▸ Problem to work on
Print nothing but the lines below starting at the line that holds "let size = imm_size-jump" and ending at the line that holds "let same : calls ≡ call", including both, each exactly as written.

Start of Data for this task

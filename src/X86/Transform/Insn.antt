-- ===== src/X86/Transform/Insn.antt =====
-- One instruction: what the calls of the disassembler and the copy put out together.
use mathlib.Core.Path.{◌∙◌, sym}
use substitute.Common.{
  ℕ, ◌+◌, ◌<◌, ◌≤◌, ◌≡◌, ◌⊎◌, inl, inr, refl, arith, List, [], ◌∷◌, true, false, some, length,
  Bool-cases, Option-cases, if◌then◌else◌, ◌==◌, u64,
}
use substitute.Dis.Event.{branch, indirect_call}
use substitute.TransformDis.Length.{length-overwrite}
use substitute.X86.Flags.{i_bad, i_jmp, i_jimm_only, i_call}
use substitute.X86.Decode.{
  Opcode, X86Event, Step, type_of, has, is_pcrel, opcode_from, imm_size, jump_imm, jump_cc, op_size,
  pcrel_event, events,
}
use substitute.X86.Decode.Step.{opcode, bad_opcode}
use substitute.X86.Decode.Total.{jump_flags}
use substitute.X86.Decode.Ends.{events-jump, imm_size-jump, jump_imm-some}
use substitute.X86.Newop.{bytes_from, newop, length-bytes_from}
use substitute.X86.Transform.{Ctx, copy_insn, on_event, on_events, here}
use substitute.X86.Transform.Handlers.{
  Placed, Handled, Ready, on_branch-Handled, pcrel_calls, plain_calls, plain_calls_Handled,
}

pub some_injective : {A : Type 0} {x y : A} → some x ≡ some y → x ≡ y
some_injective h = cc

module _ (read : ℕ → ℕ) (bytes : (a : ℕ) → read a < 256) (o : Opcode) where
  jump_op_size :
      0 < o.off
      → (imm_size read o ≡ 1) ⊎ ((imm_size read o ≡ 2) ⊎ (imm_size read o ≡ 4))
      → 2 ≤ op_size read o
  unfolding op_size substitute.X86.Decode.imm_off
  jump_op_size h imm = ground arith

  abbrev pcrel_list : ℕ → List X86Event
  pcrel_list pc =
      if has o.bits i_call
      then indirect_call ∷ pcrel_event read pc o ∷ []
      else pcrel_event read pc o ∷ []

  events-pcrel :
      (pc : ℕ)
      → has o.bits i_jimm_only ≡ false
      → is_pcrel read o ≡ true
      → events read pc o ≡ some (pcrel_list pc)
  unfolding events
  events-pcrel pc other at_pc = rw (other, events, at_pc) refl

  events-plain :
      (pc : ℕ)
      → has o.bits i_jimm_only ≡ false
      → is_pcrel read o ≡ false
      → events read pc o ≡ some (plain_calls read o)
  unfolding events
  events-plain pc other away = elim (Bool-cases (type_of o.bits == i_jmp)) [
    | inl e ↦ rw (other, events, away, e) refl
    | inr e ↦ elim (Bool-cases (has o.bits i_call)) [
      | inl f ↦ rw (other, events, away, e, f) refl
      | inr f ↦ rw (other, events, away, e, f) refl
    ]
  ]

  pub calls-Handled :
      (pc : ℕ) (ctx : Ctx) (calls : List X86Event)
      → Ready read o ctx
      → 0 < o.off
      → jump_flags o.bits ≡ true
      → (o.bits == i_bad) ≡ false
      → events read pc o ≡ some calls
      → Handled read o ctx (on_events ctx calls)
  unfolding on_events on_event
  calls-Handled pc ctx calls r pos flags good h = elim (Bool-cases (has o.bits i_jimm_only)) [
    | inl jumps ↦
        let size = imm_size-jump read bytes o flags good jumps in
        let (imm, e) = jump_imm-some read bytes o size in
        let call = branch (u64 (pc + op_size read o + imm)) (jump_cc read o) in
        let same : calls ≡ call ∷ [] =
          some_injective (sym h ∙ events-jump read bytes pc o jumps e) in
        rw same (on_branch-Handled read o ctx r _ _ (jump_op_size pos size) jumps size)
    | inr other ↦ elim (Bool-cases (is_pcrel read o)) [
      | inl at_pc ↦
          let same : calls ≡ pcrel_list pc = some_injective (sym h ∙ events-pcrel pc other at_pc) in
          rw same (pcrel_calls read o ctx r pc other at_pc)
      | inr away ↦
          let same : calls ≡ plain_calls read o =
            some_injective (sym h ∙ events-plain pc other away) in
          rw same (plain_calls_Handled read o ctx r)
    ]
  ]

  -- The instruction puts out between one byte and 16 bytes beside itself.
  pub length-copy_insn :
      (before after : Ctx)
      → Handled read o before after
      → before.insn_size ≡ op_size read o
      → 0 < op_size read o
      → (length before.rewritten < length (copy_insn read o after).rewritten)
        × (length (copy_insn read o after).rewritten
            ≤ length before.rewritten + op_size read o + 16)
  unfolding copy_insn Placed
  length-copy_insn before after h size pos = elim h.put_out [
    | inl (here, plain, same) ↦
        let out =
          length-overwrite after.rewritten (bytes_from read 0 after.insn_size)
            (length before.rewritten) (omega arith) in
        rw (here, plain) (omega (arith, out, h.sized, length-bytes_from read 0 after.insn_size))
    | inr (inl (none_left, grown)) ↦ rw none_left (omega (arith, grown), omega (arith, grown))
    | inr (inr (at, here, modified, fits, grown)) ↦
        let out =
          length-overwrite after.rewritten (newop read o after.newval_0 after.newval_1) at
            (omega arith) in
        rw (here, modified) (omega (arith, out, grown), omega (arith, out, grown))
  ]

  pub copy_insn-frame :
      (ctx : Ctx)
      → ((copy_insn read o ctx).pc ≡ ctx.pc)
        × ((copy_insn read o ctx).pc_patch_start ≡ ctx.pc_patch_start)
        × ((copy_insn read o ctx).pc_patch_end ≡ ctx.pc_patch_end)
        × ((copy_insn read o ctx).insn_size ≡ ctx.insn_size)
  unfolding copy_insn
  copy_insn-frame ctx = elim (Option-cases ctx.write_newop_here) [
    | inl e ↦ rw e (refl, refl, refl, refl)
    | inr (at, e) ↦ rw e (refl, refl, refl, refl)
  ]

End of Data for this task

▸ Reply to the exercise
        let size = imm_size-jump read bytes o flags good jumps in
        let (imm, e) = jump_imm-some read bytes o size in
        let call = branch (u64 (pc + op_size read o + imm)) (jump_cc read o) in
        let same : calls ≡ call ∷ [] =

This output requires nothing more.